**Items listed in a dataset**
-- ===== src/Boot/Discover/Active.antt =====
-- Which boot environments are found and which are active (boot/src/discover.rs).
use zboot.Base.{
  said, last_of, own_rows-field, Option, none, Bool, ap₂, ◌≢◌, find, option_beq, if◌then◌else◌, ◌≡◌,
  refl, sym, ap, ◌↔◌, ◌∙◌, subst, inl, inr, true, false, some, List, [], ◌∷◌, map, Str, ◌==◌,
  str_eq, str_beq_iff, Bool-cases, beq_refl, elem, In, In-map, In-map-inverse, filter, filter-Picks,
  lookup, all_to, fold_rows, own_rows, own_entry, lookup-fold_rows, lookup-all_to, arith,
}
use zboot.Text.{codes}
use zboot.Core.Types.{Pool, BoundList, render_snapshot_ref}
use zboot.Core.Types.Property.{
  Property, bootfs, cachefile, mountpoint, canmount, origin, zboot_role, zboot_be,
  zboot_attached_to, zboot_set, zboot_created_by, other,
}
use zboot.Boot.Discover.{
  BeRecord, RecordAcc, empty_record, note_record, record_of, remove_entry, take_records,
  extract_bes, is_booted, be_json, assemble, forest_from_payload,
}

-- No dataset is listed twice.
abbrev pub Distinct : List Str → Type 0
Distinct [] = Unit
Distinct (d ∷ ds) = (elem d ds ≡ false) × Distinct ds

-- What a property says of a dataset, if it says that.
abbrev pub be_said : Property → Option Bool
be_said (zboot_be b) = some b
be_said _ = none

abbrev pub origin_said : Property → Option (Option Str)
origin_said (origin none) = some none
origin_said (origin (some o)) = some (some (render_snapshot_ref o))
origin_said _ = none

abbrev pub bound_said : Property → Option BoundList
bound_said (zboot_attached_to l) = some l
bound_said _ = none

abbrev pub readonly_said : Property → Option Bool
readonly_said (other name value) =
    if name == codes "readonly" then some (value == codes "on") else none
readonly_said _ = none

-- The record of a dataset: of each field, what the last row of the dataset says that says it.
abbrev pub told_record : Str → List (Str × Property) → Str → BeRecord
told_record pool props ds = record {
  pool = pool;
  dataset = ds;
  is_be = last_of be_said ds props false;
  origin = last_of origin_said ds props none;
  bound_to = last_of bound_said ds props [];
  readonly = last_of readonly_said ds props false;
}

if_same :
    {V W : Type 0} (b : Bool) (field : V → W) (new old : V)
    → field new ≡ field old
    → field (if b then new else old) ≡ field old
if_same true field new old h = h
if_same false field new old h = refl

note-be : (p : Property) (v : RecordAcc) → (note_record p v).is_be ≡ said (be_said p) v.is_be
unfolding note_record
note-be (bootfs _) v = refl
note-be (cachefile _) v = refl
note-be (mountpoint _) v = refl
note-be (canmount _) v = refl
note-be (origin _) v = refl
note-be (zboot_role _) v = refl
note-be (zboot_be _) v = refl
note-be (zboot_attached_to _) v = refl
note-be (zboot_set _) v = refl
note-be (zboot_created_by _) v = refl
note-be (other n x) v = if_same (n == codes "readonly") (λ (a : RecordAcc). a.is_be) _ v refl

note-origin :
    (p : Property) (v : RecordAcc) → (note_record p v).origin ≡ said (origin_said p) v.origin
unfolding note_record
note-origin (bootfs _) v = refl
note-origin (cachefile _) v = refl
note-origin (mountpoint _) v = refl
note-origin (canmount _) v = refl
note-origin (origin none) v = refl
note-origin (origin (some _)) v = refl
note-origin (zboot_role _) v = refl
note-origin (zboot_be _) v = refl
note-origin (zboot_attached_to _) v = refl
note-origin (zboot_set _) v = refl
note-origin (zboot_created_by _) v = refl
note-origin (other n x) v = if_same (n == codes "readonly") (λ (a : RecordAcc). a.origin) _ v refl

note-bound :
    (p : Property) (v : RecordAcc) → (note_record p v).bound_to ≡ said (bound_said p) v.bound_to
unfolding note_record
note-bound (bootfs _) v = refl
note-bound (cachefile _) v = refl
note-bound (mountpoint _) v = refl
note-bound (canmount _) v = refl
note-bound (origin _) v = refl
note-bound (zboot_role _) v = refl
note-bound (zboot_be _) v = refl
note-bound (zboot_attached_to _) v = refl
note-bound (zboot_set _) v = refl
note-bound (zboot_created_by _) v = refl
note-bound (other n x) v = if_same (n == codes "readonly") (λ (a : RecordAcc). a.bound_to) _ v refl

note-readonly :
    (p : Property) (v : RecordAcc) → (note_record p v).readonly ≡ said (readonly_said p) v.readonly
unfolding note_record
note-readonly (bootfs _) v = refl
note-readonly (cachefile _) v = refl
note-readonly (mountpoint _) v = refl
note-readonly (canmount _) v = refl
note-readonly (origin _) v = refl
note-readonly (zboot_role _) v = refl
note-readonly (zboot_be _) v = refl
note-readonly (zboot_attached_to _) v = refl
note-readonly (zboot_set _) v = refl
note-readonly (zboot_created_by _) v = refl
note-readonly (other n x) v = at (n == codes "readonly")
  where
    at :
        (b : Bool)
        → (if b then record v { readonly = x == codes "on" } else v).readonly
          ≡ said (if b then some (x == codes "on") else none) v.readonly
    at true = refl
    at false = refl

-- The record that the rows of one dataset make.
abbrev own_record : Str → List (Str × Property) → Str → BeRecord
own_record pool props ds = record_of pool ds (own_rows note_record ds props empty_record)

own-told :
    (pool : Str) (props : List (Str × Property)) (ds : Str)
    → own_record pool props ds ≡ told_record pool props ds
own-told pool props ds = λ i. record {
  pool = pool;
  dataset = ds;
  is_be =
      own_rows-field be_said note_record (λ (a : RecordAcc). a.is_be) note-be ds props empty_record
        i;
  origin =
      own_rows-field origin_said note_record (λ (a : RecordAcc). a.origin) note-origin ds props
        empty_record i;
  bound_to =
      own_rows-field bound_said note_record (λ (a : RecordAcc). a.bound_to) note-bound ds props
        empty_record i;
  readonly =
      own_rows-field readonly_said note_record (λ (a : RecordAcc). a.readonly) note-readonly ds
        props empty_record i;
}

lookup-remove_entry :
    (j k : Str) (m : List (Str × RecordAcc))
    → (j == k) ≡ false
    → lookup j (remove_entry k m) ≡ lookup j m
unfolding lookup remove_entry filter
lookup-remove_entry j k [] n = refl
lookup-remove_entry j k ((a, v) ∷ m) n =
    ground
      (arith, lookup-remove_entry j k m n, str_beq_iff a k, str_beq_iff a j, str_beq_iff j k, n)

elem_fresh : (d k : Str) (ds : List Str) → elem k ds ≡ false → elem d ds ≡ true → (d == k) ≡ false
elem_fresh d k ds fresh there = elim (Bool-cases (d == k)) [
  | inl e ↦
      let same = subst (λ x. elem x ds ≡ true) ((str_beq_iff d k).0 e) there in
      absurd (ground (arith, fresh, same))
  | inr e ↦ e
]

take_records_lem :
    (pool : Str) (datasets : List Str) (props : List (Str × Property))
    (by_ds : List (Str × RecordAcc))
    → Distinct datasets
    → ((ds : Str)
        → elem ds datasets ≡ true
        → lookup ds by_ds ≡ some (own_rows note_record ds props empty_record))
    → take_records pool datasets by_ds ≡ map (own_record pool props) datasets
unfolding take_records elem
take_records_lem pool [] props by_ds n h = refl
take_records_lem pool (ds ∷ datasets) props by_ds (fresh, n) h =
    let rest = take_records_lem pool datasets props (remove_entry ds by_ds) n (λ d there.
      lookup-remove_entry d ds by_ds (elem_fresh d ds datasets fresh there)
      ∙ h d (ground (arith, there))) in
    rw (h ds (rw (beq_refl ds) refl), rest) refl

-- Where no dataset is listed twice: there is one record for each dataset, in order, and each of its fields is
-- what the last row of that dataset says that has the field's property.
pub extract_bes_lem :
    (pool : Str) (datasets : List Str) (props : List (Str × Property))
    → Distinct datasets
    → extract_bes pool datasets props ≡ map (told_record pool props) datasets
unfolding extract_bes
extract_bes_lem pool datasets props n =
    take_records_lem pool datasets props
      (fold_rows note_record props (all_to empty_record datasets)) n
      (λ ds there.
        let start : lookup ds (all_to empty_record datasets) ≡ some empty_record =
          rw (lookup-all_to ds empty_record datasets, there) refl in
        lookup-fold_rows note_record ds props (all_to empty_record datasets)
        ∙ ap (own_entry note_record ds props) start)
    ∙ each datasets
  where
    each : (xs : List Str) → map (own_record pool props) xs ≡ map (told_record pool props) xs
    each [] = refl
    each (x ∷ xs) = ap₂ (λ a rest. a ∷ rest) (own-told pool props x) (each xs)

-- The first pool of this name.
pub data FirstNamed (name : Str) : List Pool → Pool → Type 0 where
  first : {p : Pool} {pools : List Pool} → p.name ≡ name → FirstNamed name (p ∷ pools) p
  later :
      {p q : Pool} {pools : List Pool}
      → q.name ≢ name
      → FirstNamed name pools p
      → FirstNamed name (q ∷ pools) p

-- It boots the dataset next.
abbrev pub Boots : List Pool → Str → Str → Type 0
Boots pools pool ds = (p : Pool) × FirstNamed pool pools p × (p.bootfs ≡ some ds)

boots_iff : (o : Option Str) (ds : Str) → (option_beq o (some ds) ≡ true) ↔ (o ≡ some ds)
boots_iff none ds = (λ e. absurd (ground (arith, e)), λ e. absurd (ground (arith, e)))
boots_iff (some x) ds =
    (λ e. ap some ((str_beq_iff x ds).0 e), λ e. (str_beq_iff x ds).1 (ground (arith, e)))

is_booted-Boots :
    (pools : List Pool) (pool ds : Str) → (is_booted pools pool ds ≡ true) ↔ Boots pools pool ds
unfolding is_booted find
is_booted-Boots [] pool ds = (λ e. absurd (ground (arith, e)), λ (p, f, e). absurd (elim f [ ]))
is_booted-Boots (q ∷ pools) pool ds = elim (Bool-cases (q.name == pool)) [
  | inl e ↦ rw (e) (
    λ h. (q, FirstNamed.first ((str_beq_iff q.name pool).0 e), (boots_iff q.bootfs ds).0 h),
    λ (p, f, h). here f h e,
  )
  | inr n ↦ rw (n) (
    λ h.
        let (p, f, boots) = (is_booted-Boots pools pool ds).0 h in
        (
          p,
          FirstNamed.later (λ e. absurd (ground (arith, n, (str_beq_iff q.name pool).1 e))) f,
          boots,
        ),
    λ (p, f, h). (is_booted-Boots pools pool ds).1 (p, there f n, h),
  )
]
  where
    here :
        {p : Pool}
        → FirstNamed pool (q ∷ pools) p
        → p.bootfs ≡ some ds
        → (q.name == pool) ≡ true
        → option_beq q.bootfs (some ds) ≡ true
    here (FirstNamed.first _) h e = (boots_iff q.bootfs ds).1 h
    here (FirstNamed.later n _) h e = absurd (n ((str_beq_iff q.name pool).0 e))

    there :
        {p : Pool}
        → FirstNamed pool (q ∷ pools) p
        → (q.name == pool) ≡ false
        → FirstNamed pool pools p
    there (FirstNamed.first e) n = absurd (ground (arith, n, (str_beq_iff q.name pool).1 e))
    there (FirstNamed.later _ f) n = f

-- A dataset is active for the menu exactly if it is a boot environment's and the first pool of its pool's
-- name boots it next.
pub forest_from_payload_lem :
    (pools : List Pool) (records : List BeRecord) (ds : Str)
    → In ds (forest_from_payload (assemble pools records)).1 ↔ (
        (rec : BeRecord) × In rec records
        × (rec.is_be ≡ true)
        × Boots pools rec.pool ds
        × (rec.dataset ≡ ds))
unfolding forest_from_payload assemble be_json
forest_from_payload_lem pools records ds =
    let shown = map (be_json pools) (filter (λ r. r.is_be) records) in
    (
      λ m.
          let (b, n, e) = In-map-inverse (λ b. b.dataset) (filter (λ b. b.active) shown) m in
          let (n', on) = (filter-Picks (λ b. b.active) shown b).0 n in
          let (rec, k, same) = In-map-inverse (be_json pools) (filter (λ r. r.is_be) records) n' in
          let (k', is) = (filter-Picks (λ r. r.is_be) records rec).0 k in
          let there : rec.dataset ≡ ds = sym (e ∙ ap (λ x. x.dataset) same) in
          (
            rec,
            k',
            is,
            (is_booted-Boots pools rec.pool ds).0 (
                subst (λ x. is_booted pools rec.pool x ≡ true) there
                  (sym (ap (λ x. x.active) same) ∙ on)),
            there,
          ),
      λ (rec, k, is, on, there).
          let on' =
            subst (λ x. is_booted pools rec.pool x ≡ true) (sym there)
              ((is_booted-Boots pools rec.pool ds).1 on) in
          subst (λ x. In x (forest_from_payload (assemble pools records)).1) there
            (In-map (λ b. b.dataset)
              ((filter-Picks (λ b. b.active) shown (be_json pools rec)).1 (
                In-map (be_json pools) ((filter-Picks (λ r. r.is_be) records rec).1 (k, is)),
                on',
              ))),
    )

**Task statement**
Please copy each line of the records above that holds the word "other".

**Task result**
  zboot_attached_to, zboot_set, zboot_created_by, other,
readonly_said (other name value) =
note-be (other n x) v = if_same (n == codes "readonly") (λ (a : RecordAcc). a.is_be) _ v refl
note-origin (other n x) v = if_same (n == codes "readonly") (λ (a : RecordAcc). a.origin) _ v refl
note-bound (other n x) v = if_same (n == codes "readonly") (λ (a : RecordAcc). a.bound_to) _ v refl
note-readonly (other n x) v = at (n == codes "readonly")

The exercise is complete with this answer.